START Supplied records

-- ===== src/Avl/Inserted/Attach.antt =====
-- The new node of avl_tree_insert (lib/avl.bpf.h) at its free place: a subtree that has grown.
use ghost_userspace_o.Base.{
  ℕ, suc, ◌+◌, ◌≤◌, ◌≡◌, ◌≢◌, Bool, true, false, refl, sym, ap, subst, ◌∙◌, inl, inr, ◌==◌, ==_iff,
  Bool-cases, [], ◌∷◌, ◌++◌, count, count-append, update, arith, if◌then◌else◌,
}
use Prim.Native.Nat.{max}
use ghost_userspace_o.Base.Int.{pos}
use ghost_userspace_o.ArrList.Links.{update_miss, update_at}
use ghost_userspace_o.Avl.{Nodes}
use ghost_userspace_o.Avl.Insert.{reset_node, retrace_insert}
use ghost_userspace_o.Avl.Tree.{
  Tree, leaf, node, Place, left_of, right_of, inorder, above_id, before, after, plug, inorder-plug,
  depth, plug_height, plug_height-suc,
}
use ghost_userspace_o.Avl.Held.{
  KidsAt, UpAt, BalAt, around, once, around-left, around-right, once_self, Kids-frame, Kids, Up,
  Bal,
}
use ghost_userspace_o.Avl.Held.Around.{
  KidsAt-frame, UpAt-frame, BalAt-frame, Kids-unplug, Up-unplug, Bal-unplug,
}
use ghost_userspace_o.Avl.Rotated.{once-ne}
use ghost_userspace_o.Avl.Spot.{Spot, Holds, Rest, Rebuilt, Rebuilt-as}
use ghost_userspace_o.Avl.Inserted.Retrace.{retrace_insert-Rebuilt}

-- The writes to the parent.
abbrev pub hang : Nodes → ℕ → ℕ → Bool → Nodes
hang n x e left =
    if left
    then record n { left_id = update n.left_id x (suc e) }
    else record n { right_id = update n.right_id x (suc e) }

-- A node with no children, below a place around which the tree is balanced.
pub record Fresh (n : Nodes) (root : ℕ) (c : Place) (e : ℕ) : Type 0 where
  pub kids_at : KidsAt n.left_id n.right_id root c 0
  pub up_at : UpAt n.parent_id c
  pub bal_at : BalAt n.balance c 0
  pub no_left : n.left_id e ≡ 0
  pub no_right : n.right_id e ≡ 0
  pub parent : n.parent_id e ≡ above_id c
  pub level : n.balance e ≡ pos 0
  pub distinct : (i : ℕ) → around i c ≤ 1
  pub new : around e c ≡ 0

distinct_new :
    (c : Place) (e i : ℕ) → around i c ≤ 1 → around e c ≡ 0 → around i c + count i (e ∷ []) ≤ 1
distinct_new c e i h o = elim (Bool-cases (e == i)) [
  | inl p ↦ rw (p) (omega (arith, ap (λ j. around j c) ((==_iff e i).0 p)))
  | inr p ↦ rw (p) (omega arith)
]

pub hang_left-Spot :
    (n : Nodes) (root : ℕ) (c : Place) (x : ℕ) (b : Tree) (e : ℕ)
    → Fresh n root (left_of c x b) e
    → Spot (hang n x e true) root (left_of c x b) (node leaf e leaf) 0
hang_left-Spot n root c x b e s =
    let (p, kb, kc) = s.kids_at in
    let l' : ℕ → ℕ = update n.left_id x (suc e) in
    let one : once x x ≡ 1 = once_self x in
    let kept : ((i : ℕ) → x ≢ i → n.left_id i ≡ l' i) =
      λ i w. sym (update_miss n.left_id x i (suc e) w) in
    let away : ((i : ℕ) → around i c + count i (inorder b) ≢ 0 → x ≢ i) =
      λ i w. once-ne x i (omega (arith, s.distinct i, around-left i c x b)) in
    let x≢e : x ≢ e = once-ne x e (omega (arith, s.new, around-left e c x b)) in
    record {
      kids_at = (
        update_at n.left_id x (suc e),
        Kids-frame n.left_id n.right_id l' n.right_id b (n.right_id x)
            (λ i w. (kept i (away i (omega arith)), refl)) kb,
        KidsAt-frame n.left_id n.right_id l' n.right_id root c (suc x)
            (λ i w. (kept i (away i (omega arith)), refl)) kc,
      );
      kids = (refl, sym (kept e x≢e) ∙ s.no_left, s.no_right);
      up_at = s.up_at;
      up = (s.parent, tt, tt);
      bal_at = s.bal_at;
      bal = (inl (s.level, refl), tt, tt);
      distinct = λ i. distinct_new (left_of c x b) e i (s.distinct i) s.new;
    }

pub hang_right-Spot :
    (n : Nodes) (root : ℕ) (c : Place) (x : ℕ) (b : Tree) (e : ℕ)
    → Fresh n root (right_of b x c) e
    → Spot (hang n x e false) root (right_of b x c) (node leaf e leaf) 0
hang_right-Spot n root c x b e s =
    let (p, kb, kc) = s.kids_at in
    let r' : ℕ → ℕ = update n.right_id x (suc e) in
    let one : once x x ≡ 1 = once_self x in
    let kept : ((i : ℕ) → x ≢ i → n.right_id i ≡ r' i) =
      λ i w. sym (update_miss n.right_id x i (suc e) w) in
    let away : ((i : ℕ) → around i c + count i (inorder b) ≢ 0 → x ≢ i) =
      λ i w. once-ne x i (omega (arith, s.distinct i, around-right i b x c)) in
    let x≢e : x ≢ e = once-ne x e (omega (arith, s.new, around-right e b x c)) in
    record {
      kids_at = (
        update_at n.right_id x (suc e),
        Kids-frame n.left_id n.right_id n.left_id r' b (n.left_id x)
            (λ i w. (refl, kept i (away i (omega arith)))) kb,
        KidsAt-frame n.left_id n.right_id n.left_id r' root c (suc x)
            (λ i w. (refl, kept i (away i (omega arith)))) kc,
      );
      kids = (refl, s.no_left, sym (kept e x≢e) ∙ s.no_right);
      up_at = s.up_at;
      up = (s.parent, tt, tt);
      bal_at = s.bal_at;
      bal = (inl (s.level, refl), tt, tt);
      distinct = λ i. distinct_new (right_of b x c) e i (s.distinct i) s.new;
    }

-- A free place of a tree, after the reset of a node that is not in it.
pub Holds-Fresh :
    (n : Nodes) (root : ℕ) (c : Place) (t : Tree) (e : ℕ)
    → Holds n root t
    → plug c leaf ≡ t
    → ((i : ℕ) → count i (inorder t) ≤ 1)
    → count e (inorder t) ≡ 0
    → Fresh (record (reset_node n e) { parent_id = update n.parent_id e (above_id c) }) root c e
Holds-Fresh n root c t e h p d o =
    let same : inorder t ≡ before c ++ after c = ap inorder (sym p) ∙ inorder-plug c leaf in
    let total : ((i : ℕ) → count i (inorder t) ≡ around i c) =
      λ i. ap (count i) same ∙ count-append i (before c) (after c) in
    let away : ((i : ℕ) → around i c ≢ 0 → e ≢ i) =
      λ i w q. w (sym (total i) ∙ ap (λ j. count j (inorder t)) (sym q) ∙ o) in
    let (ka, k) =
      Kids-unplug n.left_id n.right_id root c leaf
        (subst (λ u. Kids n.left_id n.right_id u root) (sym p) h.kids) in
    let (ua, u) = Up-unplug n.parent_id c leaf (subst (Up n.parent_id 0) (sym p) h.up) in
    let (ba, b) = Bal-unplug n.balance c leaf (subst (Bal n.balance) (sym p) h.bal) in
    record {
      kids_at =
          KidsAt-frame n.left_id n.right_id (update n.left_id e 0) (update n.right_id e 0) root c 0
            (λ i w. (
              sym (update_miss n.left_id e i 0 (away i w)),
              sym (update_miss n.right_id e i 0 (away i w)),
            ))
            ka;
      up_at =
          UpAt-frame n.parent_id (update n.parent_id e (above_id c)) c
            (λ i w. sym (update_miss n.parent_id e i (above_id c) (away i w))) ua;
      bal_at =
          BalAt-frame n.balance (update n.balance e (pos 0)) c 0
            (λ i w. sym (update_miss n.balance e i (pos 0) (away i w))) ba;
      no_left = update_at n.left_id e 0;
      no_right = update_at n.right_id e 0;
      parent = update_at n.parent_id e (above_id c);
      level = update_at n.balance e (pos 0);
      distinct = λ i. omega (arith, d i, total i);
      new = sym (total e) ∙ o;
    }

-- The whole after the insertion of a node at a free place, by the retrace.
pub attach-Rebuilt :
    (n m : Nodes) (root : ℕ) (c : Place) (e : ℕ) (rounds : ℕ)
    → depth c ≤ rounds
    → Rest m n
    → Spot n root c (node leaf e leaf) 0
    → Rebuilt m
        (before c ++ (e ∷ after c))
        (max (plug_height c 0) (suc (depth c)))
        (retrace_insert rounds n root (above_id c) e).0
        (retrace_insert rounds n root (above_id c) e).1
attach-Rebuilt n m root c e rounds f r s =
    Rebuilt-as m n (before c ++ (e ∷ after c)) (before c ++ (e ∷ after c)) (plug_height c 1)
      (max (plug_height c 0) (suc (depth c))) (retrace_insert rounds n root (above_id c) e).0
      (retrace_insert rounds n root (above_id c) e).1 refl (omega (arith, plug_height-suc c 0)) r
      (retrace_insert-Rebuilt rounds n root c leaf e leaf 0 f s (omega arith) (inl refl))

END Supplied records

> **Instructions for the task**: Using the entries above, output exactly the lines between the line holding "no_left = update_at n.left_id e 0;" and the line holding "attach-Rebuilt n m", end lines included, and nothing more.

> **Written answer**:
      no_left = update_at n.left_id e 0;
      no_right = update_at n.right_id e 0;
      parent = update_at n.parent_id e (above_id c);
      level = update_at n.balance e (pos 0);
      distinct = λ i. omega (arith, d i, total i);
      new = sym (total e) ∙ o;
    }

-- The whole after the insertion of a node at a free place, by the retrace.
pub attach-Rebuilt :
    (n m : Nodes) (root : ℕ) (c : Place) (e : ℕ) (rounds : ℕ)
    → depth c ≤ rounds
    → Rest m n
    → Spot n root c (node leaf e leaf) 0
    → Rebuilt m
        (before c ++ (e ∷ after c))
        (max (plug_height c 0) (suc (depth c)))
        (retrace_insert rounds n root (above_id c) e).0
        (retrace_insert rounds n root (above_id c) e).1
attach-Rebuilt n m root c e rounds f r s =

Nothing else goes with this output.